Map Representation

For maximum RAM efficiency, it is best to represent each partition with a bit (1 means a partition exists, 0 means a partition doesn't exist). The program needs two arrays of bits, one to represent horizontal partitions and one to represent vertical partitions.

The boundary can be implied. This means there are only 15 columns of vertical walls and 15 rows of horizontal walls. Each column or row has 16 partitions. The total number of bytes required is $\frac{2 \times 15 \times 16}{2}$, or 60 bytes.

Once again, you can linearize the walls. However, the linearization now relies on which direction you want to look from a cell. For example, the east wall of a cell at row $r$ and column $c$ has a linear index of $16c+r$ in the vertical partition array. The west wall of the same cell has a linear index of $16(c-1)+r$ in the vertical partition array. The north wall of the same cell has a linear index of $16r+c$ in the horizontal partition array. The south wall of the same cell has a linear index of $16(r-1)+c$ in the horizontal partition array.
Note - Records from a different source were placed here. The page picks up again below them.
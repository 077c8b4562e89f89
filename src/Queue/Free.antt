-- ===== src/Queue/Free.antt =====
-- `_position_beside` of src/queuer/db.py as a whole: both rounds.
use custom_queuer.Prelude.{
  +ℤ_parts, All, All-find, All-map, All-select, All-select_of, Bool, Bool-cases, List, Option, [],
  arith, false, half, inl, inr, none, pos, refl, some, some-injective, suc, true, ℕ, ℤ, ≤→leb_ℤ,
  ◌*◌, ◌+ℤ◌, ◌-ℤ◌, ◌<ℤ◌, ◌==◌, ◌∙◌, ◌∷◌, ◌≡◌,
}
use custom_queuer.Tables.{Conn, Db, Job, Result, get_job, get_job-set_position, in_lane, ok}
use custom_queuer.Queue.{
  beside_rows, find_position, lane_rows, position_beside, position_beside_rounds, position_between,
  position_near, position_step, queued_ids_ordered, reindex_from, reindex_queue, target_position,
}
use custom_queuer.Queue.Positions.{OnSome, max_position_attained, min_position_attained}
use custom_queuer.Queue.Beside.{IsOnSide, above_attained, below_attained, find_position-IsOnSide}
use custom_queuer.Queue.Gaps.{IsSpaced, move, reindex_queue-IsSpaced}

between_spaced :
    (a b : ℕ)
    → pos (a * position_step) <ℤ pos (b * position_step)
    → (p : ℤ) × (position_between (pos (a * position_step)) (pos (b * position_step)) ≡ some p)
unfolding position_between
between_spaced a b h = (
  half (pos (a * 1024) +ℤ pos (b * 1024)),
  rw (
      ≤→leb_ℤ (pos (a * 1024) +ℤ pos 2) (pos (b * 1024))
        (omega (arith, h, +ℤ_parts (pos (a * 1024)) (pos 2)))),
)

near_spaced :
    (after : Bool) (k : ℕ) (near : Option ℤ)
    → OnSome (λ n. IsSpaced (some n)) near
    → OnSome (IsOnSide after (pos (k * position_step))) near
    → (p : ℤ) × (position_near (pos (k * position_step)) after near ≡ some p)
near_spaced true k none s h = (pos (k * position_step) +ℤ pos position_step, refl)
near_spaced false k none s h = (pos (k * position_step) -ℤ pos position_step, refl)
near_spaced true k (some n) (b, e) h =
    rw (some-injective _ _ e) (between_spaced k b (rw (some-injective _ _ e) at h))
near_spaced false k (some n) (b, e) h =
    rw (some-injective _ _ e) (between_spaced b k (rw (some-injective _ _ e) at h))

module _ (db : Db) (channel : ℕ) (is_priority : Bool) (exclude_id : Option ℕ) where
  IsSpaced-rows :
      (target : ℤ) (after : Bool)
      → All (λ j. in_lane channel is_priority j ≡ true → IsSpaced j.position) db.jobs
      → All
          (λ j. OnSome (λ n. IsSpaced (some n)) j.position)
          (beside_rows db channel is_priority target after exclude_id)
  unfolding beside_rows lane_rows
  IsSpaced-rows target after h =
      All-map (λ j. IsSpaced j.position) (λ j. OnSome (λ n. IsSpaced (some n)) j.position) _
        (λ j (k, e). rw e (k, refl))
        (All-select _ _ _ (All-select_of (λ j. IsSpaced j.position) _ db.jobs h))

  find_position-spaced :
      (k : ℕ) (after : Bool)
      → All (λ j. in_lane channel is_priority j ≡ true → IsSpaced j.position) db.jobs
      → (p : ℤ) × (find_position db channel is_priority (pos (k * position_step)) after exclude_id
          ≡ some p)
  unfolding find_position
  find_position-spaced k true h =
      near_spaced true k _
        (min_position_attained _ _ (IsSpaced-rows (pos (k * position_step)) true h))
        (above_attained db channel is_priority (pos (k * position_step)) exclude_id)
  find_position-spaced k false h =
      near_spaced false k _
        (max_position_attained _ _ (IsSpaced-rows (pos (k * position_step)) false h))
        (below_attained db channel is_priority (pos (k * position_step)) exclude_id)

-- Renumbering keeps a row of the lane in the lane.
lane_kept :
    (target_id : ℕ) (channel : ℕ) (is_priority : Bool) (i : ℕ) (ids : List ℕ) (db : Db) (t : Job)
    → get_job db target_id ≡ some t
    → in_lane channel is_priority t ≡ true
    → (t' : Job) × (get_job (reindex_from i ids db) target_id ≡ some t')
      × (in_lane channel is_priority t' ≡ true)
unfolding reindex_from
lane_kept target_id channel is_priority i [] db t e lane = (t, e, lane)
lane_kept target_id channel is_priority i (a ∷ ids) db t e lane =
    let p = some (pos (i * position_step)) in
    elim (Bool-cases (target_id == a)) [
      | inl same ↦
          lane_kept target_id channel is_priority (suc i) ids _ (move p t)
            (get_job-set_position a p db target_id ∙ rw (same, e) refl) lane
      | inr other ↦
          lane_kept target_id channel is_priority (suc i) ids _ t
            (get_job-set_position a p db target_id ∙ rw (other, e) refl) lane
    ]

target_position_found :
    (db : Db) (target_id : ℕ) {t : Job} {n : ℤ}
    → get_job db target_id ≡ some t
    → t.position ≡ some n
    → target_position db target_id ≡ some n
unfolding target_position
target_position_found db target_id e at = rw (e, target_position) at

-- What `_position_beside` promises: a number `p` on the asked side of the target's position, found
-- free in the tables `c` that it leaves.
pub record IsPlaced (c : Conn) (target_id channel : ℕ) (is_priority after : Bool)
    (exclude_id : Option ℕ) (p : ℤ) : Type 0 where
  pub target : ℤ
  pub at : target_position c.tables target_id ≡ some target
  pub chosen : find_position c.tables channel is_priority target after exclude_id ≡ some p
  pub on_side : IsOnSide after target p

module _ (target_id channel : ℕ) (is_priority after : Bool) (exclude_id : Option ℕ) where
  abbrev Places : Conn → Result ℤ × Conn → Type 0
  Places c r =
      (p : ℤ) × (c' : Conn) × (r ≡ (ok p, c'))
      × IsPlaced c' target_id channel is_priority after exclude_id p

  round_found :
      (rounds : ℕ) (c : Conn) (n p : ℤ)
      → target_position c.tables target_id ≡ some n
      → find_position c.tables channel is_priority n after exclude_id ≡ some p
      → Places c
          (position_beside_rounds (suc rounds) target_id channel is_priority after exclude_id c)
  unfolding position_beside_rounds
  round_found rounds c n p at chosen = (
    p,
    c,
    rw (at, chosen),
    record {
      target = n;
      at = at;
      chosen = chosen;
      on_side = find_position-IsOnSide c.tables channel is_priority n exclude_id after p chosen;
    },
  )

  -- Beside a queued job of the lane there is always a position: no error is raised.
  pub position_beside-succeeds :
      (c : Conn) (t : Job) (n : ℤ)
      → get_job c.tables target_id ≡ some t
      → in_lane channel is_priority t ≡ true
      → t.position ≡ some n
      → (p : ℤ) × (c' : Conn) × (position_beside target_id channel is_priority after exclude_id c
          ≡ (ok p, c'))
        × IsPlaced c' target_id channel is_priority after exclude_id p
  unfolding position_beside position_beside_rounds reindex_queue get_job
  position_beside-succeeds c t n e lane at =
      split (find_position c.tables channel is_priority n after exclude_id) refl
    where
      at_n : target_position c.tables target_id ≡ some n
      at_n = target_position_found c.tables target_id e at

      db' : Db
      db' = reindex_queue (queued_ids_ordered c.tables channel is_priority) c.tables

      spaced : All (λ j. in_lane channel is_priority j ≡ true → IsSpaced j.position) db'.jobs
      spaced = reindex_queue-IsSpaced c.tables channel is_priority

      kept :
          (t' : Job) × (get_job db' target_id ≡ some t') × (in_lane channel is_priority t' ≡ true)
      kept =
          lane_kept target_id channel is_priority 0
            (queued_ids_ordered c.tables channel is_priority) c.tables t e lane

      spaced_target :
          (t' : Job)
          → get_job db' target_id ≡ some t'
          → in_lane channel is_priority t' ≡ true
          → IsSpaced t'.position
      spaced_target t' e' = All-find _ (λ j. j.id == target_id) db'.jobs spaced e'

      split :
          (o : Option ℤ)
          → find_position c.tables channel is_priority n after exclude_id ≡ o
          → Places c (position_beside_rounds 2 target_id channel is_priority after exclude_id c)
      split (some p) chosen = round_found 1 c n p at_n chosen
      split none full =
          let (t', e', lane') = kept in
          let (k, at') = spaced_target t' e' lane' in
          let (p, chosen) =
            find_position-spaced db' channel is_priority exclude_id k after spaced in
          rw (at_n, full, position_beside_rounds)
            (round_found 0 (record c { tables = db' }) (pos (k * position_step)) p
              (target_position_found db' target_id e' at') chosen)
For efficiency, you can directly compute the byte number as 2*c + r/8 for the east partition of a cell, and use r % 8 to compute the bit number in that byte. Recall that most compilers are smart enough to use shifts (instead of multiply and divide) and bitwise and (instead of modulus).

The boundary partitions are special cases because they are always there. For example, all cells on column 0 have west partitions. If you use the previous equation to computer the linearized bit number of the west wall of a column zero cell, it yields a negative number.

It is best to write some subroutines to abstract the handling of partitions. In particular, you can define two subroutines:

• int existWall(int row, int col, int dir) checks if a partition exists at the dir direction of a cell on row row and column col. dir enumerates the four directions (0 for north, 1 for east and etc.)
• void setWall(int row, int col, int dir, int setClear) sets or clears a wall. If setClear is non-zero, the subroutine sets a wall. If setClear is zero, the subroutine clears a wall.

Once you have these two functions, you can implement the logic to find reachable neighbors of a cell by checking which direction(s) does/do not have a parition blocking.